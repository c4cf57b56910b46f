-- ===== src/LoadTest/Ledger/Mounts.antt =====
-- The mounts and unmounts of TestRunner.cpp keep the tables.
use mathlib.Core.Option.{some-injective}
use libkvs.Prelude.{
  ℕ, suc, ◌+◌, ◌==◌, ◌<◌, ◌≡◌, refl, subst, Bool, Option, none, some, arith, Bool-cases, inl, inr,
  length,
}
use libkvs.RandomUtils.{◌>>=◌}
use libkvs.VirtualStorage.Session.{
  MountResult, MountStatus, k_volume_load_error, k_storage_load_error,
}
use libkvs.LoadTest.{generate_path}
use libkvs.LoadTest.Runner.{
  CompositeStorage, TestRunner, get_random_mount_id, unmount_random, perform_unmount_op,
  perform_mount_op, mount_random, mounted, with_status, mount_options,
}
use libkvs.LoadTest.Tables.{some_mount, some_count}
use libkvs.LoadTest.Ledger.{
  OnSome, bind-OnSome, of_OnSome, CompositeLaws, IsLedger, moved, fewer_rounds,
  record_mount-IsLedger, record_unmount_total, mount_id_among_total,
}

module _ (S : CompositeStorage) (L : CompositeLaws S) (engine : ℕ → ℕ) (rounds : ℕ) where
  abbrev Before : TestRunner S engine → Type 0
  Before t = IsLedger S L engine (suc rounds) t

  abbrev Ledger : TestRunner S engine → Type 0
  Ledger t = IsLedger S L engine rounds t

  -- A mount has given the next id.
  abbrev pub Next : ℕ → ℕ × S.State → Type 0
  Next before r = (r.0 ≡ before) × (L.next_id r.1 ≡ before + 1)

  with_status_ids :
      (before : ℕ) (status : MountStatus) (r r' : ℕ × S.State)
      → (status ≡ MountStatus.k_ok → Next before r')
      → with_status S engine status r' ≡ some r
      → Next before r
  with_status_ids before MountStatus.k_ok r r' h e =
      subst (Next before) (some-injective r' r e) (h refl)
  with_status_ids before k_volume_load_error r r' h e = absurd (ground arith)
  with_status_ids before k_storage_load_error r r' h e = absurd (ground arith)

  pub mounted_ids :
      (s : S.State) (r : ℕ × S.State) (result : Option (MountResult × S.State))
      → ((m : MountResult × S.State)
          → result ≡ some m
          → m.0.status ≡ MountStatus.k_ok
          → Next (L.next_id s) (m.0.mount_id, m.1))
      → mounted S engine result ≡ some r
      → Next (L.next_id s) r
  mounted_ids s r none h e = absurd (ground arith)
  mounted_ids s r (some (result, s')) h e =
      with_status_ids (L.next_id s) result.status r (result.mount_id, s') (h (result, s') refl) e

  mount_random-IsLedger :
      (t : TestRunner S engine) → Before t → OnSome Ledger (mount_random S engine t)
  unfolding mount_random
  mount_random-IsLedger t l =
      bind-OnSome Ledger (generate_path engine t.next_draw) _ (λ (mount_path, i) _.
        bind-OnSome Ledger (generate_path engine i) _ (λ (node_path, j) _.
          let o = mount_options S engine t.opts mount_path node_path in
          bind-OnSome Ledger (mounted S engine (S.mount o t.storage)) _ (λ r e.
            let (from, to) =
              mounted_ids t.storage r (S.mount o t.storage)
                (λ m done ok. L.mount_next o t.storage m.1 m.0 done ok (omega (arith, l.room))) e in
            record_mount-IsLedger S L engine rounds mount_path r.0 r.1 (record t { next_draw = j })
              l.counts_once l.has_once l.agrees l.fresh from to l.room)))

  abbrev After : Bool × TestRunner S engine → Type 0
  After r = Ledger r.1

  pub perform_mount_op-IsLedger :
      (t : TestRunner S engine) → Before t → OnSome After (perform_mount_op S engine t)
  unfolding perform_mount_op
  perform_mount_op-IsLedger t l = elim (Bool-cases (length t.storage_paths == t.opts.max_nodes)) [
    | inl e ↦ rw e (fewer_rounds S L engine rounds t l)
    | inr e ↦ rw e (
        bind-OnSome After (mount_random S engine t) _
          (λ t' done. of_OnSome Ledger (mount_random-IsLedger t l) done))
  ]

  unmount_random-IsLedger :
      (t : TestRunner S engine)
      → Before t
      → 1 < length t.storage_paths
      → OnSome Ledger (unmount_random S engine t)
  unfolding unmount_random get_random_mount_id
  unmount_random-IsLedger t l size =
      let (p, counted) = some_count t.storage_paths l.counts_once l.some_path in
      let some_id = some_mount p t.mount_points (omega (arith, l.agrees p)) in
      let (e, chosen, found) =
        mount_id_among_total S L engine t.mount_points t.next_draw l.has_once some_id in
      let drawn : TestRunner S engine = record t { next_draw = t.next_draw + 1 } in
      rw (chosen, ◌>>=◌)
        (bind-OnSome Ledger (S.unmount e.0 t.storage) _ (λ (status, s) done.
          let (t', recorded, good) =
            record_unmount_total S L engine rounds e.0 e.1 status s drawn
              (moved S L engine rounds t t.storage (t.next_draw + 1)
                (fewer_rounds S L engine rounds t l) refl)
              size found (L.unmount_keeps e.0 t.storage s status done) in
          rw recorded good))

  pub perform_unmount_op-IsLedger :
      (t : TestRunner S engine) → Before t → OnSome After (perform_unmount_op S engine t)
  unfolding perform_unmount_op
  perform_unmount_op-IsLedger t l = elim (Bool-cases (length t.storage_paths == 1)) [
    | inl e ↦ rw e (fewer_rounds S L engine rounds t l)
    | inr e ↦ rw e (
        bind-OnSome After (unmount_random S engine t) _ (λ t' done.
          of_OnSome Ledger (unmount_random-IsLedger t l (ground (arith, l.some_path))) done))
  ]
---
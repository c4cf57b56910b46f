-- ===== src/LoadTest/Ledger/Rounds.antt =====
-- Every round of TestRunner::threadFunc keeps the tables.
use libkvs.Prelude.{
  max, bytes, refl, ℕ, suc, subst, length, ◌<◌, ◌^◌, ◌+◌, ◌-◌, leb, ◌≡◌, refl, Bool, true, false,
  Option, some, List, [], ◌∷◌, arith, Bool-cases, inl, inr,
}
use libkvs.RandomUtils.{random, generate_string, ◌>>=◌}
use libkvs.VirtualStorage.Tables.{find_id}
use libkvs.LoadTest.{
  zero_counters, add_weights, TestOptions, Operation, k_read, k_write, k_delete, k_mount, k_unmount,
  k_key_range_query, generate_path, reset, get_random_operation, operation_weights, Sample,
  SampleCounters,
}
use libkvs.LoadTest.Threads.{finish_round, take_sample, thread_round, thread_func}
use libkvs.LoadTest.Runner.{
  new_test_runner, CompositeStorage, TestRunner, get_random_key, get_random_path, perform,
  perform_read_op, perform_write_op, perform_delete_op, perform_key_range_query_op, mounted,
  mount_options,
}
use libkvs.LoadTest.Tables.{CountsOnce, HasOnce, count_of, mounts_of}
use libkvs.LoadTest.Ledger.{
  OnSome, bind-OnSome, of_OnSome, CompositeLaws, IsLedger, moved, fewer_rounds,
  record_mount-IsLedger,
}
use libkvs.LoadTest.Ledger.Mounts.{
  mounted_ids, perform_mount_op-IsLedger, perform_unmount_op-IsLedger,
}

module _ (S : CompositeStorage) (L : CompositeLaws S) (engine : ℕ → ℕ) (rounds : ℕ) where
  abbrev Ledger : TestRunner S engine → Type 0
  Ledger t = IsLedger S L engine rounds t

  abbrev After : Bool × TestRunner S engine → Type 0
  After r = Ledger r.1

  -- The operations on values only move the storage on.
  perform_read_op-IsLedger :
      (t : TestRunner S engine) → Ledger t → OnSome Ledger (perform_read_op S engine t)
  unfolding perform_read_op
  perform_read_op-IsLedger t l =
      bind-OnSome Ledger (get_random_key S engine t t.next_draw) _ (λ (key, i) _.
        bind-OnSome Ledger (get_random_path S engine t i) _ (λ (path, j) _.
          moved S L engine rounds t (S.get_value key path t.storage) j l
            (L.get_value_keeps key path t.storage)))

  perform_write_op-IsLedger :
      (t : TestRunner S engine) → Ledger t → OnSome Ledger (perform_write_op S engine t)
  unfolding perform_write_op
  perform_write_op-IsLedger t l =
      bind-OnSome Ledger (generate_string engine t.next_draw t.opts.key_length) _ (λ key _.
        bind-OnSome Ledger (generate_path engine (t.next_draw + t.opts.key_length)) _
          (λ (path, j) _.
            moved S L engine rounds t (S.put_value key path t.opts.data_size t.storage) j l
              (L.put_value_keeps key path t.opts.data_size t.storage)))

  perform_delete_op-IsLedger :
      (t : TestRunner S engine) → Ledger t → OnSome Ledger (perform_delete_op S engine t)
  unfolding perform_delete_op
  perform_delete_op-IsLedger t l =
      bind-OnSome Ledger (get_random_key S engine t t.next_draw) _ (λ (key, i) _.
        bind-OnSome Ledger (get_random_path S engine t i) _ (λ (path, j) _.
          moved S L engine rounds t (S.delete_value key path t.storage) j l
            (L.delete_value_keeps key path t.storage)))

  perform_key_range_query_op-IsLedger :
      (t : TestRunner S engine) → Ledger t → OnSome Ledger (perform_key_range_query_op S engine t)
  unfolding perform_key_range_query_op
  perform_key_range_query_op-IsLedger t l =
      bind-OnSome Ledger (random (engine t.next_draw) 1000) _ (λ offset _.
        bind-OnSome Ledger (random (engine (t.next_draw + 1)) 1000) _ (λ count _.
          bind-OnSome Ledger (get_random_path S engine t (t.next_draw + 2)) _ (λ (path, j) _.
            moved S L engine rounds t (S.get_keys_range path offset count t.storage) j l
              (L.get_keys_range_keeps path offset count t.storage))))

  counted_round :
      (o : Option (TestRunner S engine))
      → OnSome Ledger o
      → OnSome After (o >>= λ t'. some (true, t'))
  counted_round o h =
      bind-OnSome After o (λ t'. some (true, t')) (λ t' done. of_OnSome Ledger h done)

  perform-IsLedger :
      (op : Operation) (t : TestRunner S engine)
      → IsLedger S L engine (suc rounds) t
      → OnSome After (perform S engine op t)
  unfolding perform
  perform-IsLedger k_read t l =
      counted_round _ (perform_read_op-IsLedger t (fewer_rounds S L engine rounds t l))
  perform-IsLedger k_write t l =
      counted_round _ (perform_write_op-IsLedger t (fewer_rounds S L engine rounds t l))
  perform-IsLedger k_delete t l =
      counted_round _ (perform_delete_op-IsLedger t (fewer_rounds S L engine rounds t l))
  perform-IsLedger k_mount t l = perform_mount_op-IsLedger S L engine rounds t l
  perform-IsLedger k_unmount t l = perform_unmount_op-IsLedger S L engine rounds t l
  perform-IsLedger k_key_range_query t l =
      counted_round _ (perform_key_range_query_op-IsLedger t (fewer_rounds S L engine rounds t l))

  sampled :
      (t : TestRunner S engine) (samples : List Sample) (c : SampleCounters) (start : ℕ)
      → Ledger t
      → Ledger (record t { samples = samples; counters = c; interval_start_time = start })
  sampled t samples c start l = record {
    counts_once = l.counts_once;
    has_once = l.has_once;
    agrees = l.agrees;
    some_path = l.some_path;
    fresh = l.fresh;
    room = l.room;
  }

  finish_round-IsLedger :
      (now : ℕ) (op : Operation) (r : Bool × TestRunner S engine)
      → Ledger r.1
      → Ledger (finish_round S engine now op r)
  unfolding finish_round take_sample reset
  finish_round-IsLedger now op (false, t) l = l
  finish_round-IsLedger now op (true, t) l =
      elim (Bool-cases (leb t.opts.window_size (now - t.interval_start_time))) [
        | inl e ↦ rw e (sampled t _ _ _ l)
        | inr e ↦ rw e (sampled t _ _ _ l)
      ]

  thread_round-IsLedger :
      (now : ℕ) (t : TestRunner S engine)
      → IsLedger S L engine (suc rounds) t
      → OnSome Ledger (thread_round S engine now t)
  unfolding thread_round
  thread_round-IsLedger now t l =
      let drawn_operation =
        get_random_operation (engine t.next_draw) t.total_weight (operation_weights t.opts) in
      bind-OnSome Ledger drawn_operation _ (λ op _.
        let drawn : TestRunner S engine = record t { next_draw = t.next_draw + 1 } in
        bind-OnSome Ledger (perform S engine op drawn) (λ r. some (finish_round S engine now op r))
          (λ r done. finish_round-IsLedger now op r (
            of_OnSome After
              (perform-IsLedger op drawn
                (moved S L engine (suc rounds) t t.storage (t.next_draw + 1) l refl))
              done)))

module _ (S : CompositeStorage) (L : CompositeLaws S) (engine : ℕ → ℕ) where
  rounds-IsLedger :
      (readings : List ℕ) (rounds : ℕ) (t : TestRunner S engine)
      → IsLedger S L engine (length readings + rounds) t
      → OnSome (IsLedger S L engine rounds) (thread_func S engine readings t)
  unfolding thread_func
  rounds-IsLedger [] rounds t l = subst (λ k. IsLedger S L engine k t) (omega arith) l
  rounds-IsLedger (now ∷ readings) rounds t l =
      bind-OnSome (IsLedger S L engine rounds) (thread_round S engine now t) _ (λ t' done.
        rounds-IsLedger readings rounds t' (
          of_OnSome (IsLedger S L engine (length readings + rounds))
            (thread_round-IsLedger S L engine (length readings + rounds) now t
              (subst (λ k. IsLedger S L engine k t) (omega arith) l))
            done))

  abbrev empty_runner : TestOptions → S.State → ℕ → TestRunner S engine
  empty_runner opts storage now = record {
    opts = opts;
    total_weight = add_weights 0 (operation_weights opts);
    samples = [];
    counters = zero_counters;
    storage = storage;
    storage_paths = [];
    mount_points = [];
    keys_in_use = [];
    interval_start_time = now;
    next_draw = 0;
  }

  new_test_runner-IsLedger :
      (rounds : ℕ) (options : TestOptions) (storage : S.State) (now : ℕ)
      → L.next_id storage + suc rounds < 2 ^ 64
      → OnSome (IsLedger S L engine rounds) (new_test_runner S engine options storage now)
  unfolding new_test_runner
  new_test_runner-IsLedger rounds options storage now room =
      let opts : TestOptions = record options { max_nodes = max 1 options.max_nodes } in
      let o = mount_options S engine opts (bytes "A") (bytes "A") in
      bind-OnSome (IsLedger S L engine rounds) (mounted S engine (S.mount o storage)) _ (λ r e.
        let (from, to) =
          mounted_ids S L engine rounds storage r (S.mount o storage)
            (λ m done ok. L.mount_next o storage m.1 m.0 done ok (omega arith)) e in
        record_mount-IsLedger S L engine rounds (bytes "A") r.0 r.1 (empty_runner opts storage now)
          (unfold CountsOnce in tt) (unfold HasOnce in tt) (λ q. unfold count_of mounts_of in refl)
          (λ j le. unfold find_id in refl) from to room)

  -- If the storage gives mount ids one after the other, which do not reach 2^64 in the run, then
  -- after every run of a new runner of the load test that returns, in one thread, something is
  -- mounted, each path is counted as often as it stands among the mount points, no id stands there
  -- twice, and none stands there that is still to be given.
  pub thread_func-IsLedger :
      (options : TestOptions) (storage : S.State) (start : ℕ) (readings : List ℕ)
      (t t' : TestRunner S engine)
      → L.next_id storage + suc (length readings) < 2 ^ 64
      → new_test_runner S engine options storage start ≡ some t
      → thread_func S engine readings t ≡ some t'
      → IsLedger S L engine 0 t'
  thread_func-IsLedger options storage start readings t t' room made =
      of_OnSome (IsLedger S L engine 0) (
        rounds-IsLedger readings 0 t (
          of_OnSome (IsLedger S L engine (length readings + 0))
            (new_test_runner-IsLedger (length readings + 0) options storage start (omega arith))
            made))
* * *
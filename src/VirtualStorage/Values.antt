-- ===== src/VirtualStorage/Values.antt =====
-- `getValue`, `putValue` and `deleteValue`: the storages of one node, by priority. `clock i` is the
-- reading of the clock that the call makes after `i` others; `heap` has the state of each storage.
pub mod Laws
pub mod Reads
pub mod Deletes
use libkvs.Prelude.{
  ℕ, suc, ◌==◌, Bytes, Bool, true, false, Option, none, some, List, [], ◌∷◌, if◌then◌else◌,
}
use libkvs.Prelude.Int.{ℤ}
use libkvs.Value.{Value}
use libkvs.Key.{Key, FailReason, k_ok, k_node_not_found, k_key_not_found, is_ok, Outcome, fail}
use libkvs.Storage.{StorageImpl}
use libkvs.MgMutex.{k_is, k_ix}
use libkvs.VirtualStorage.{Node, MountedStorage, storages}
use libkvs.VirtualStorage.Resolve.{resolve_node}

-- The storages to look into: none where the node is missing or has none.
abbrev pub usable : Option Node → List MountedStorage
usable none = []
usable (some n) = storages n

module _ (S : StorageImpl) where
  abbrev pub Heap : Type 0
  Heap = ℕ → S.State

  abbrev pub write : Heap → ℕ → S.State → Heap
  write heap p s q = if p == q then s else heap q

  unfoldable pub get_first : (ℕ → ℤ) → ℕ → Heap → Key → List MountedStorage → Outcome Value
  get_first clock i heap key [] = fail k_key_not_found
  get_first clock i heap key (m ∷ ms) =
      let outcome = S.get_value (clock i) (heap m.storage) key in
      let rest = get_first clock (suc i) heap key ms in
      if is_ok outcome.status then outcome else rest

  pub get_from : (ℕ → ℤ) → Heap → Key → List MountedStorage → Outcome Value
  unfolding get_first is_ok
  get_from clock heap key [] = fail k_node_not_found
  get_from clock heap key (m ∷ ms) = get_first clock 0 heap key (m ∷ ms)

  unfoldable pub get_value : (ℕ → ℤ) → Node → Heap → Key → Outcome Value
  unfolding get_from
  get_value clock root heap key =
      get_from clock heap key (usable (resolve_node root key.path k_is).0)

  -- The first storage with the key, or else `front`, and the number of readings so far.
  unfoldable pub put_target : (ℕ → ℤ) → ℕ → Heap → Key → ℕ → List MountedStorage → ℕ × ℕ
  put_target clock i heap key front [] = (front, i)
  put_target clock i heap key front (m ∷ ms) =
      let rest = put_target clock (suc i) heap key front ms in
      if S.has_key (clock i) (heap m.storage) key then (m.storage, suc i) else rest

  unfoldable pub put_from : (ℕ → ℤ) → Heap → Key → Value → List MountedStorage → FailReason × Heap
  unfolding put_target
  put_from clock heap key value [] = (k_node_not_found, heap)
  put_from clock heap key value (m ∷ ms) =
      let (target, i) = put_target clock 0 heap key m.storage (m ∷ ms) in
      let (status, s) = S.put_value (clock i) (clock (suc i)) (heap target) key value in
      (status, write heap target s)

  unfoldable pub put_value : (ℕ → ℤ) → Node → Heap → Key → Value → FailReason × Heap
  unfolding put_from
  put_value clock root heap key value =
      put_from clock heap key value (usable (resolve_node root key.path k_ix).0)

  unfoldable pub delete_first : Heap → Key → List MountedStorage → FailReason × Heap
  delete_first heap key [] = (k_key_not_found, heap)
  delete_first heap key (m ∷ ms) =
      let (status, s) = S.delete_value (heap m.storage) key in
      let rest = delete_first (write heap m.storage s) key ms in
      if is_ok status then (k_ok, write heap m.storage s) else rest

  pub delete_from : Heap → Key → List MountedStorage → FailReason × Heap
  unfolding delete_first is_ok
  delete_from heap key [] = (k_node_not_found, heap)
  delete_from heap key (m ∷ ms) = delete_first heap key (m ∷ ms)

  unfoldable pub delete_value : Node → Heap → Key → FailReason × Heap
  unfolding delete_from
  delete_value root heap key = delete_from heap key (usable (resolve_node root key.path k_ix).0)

PROBLEM DETAILS: Word for word, restate the lines of the listing above starting at the line with "rounds < 2 ^ 64" and ending at the line with "new_test_runner-IsLedger rounds options", and nothing outside them.

SOLUTION TO THIS PROBLEM:
      → L.next_id storage + suc rounds < 2 ^ 64
      → OnSome (IsLedger S L engine rounds) (new_test_runner S engine options storage now)
  unfolding new_test_runner
  new_test_runner-IsLedger rounds options storage now room =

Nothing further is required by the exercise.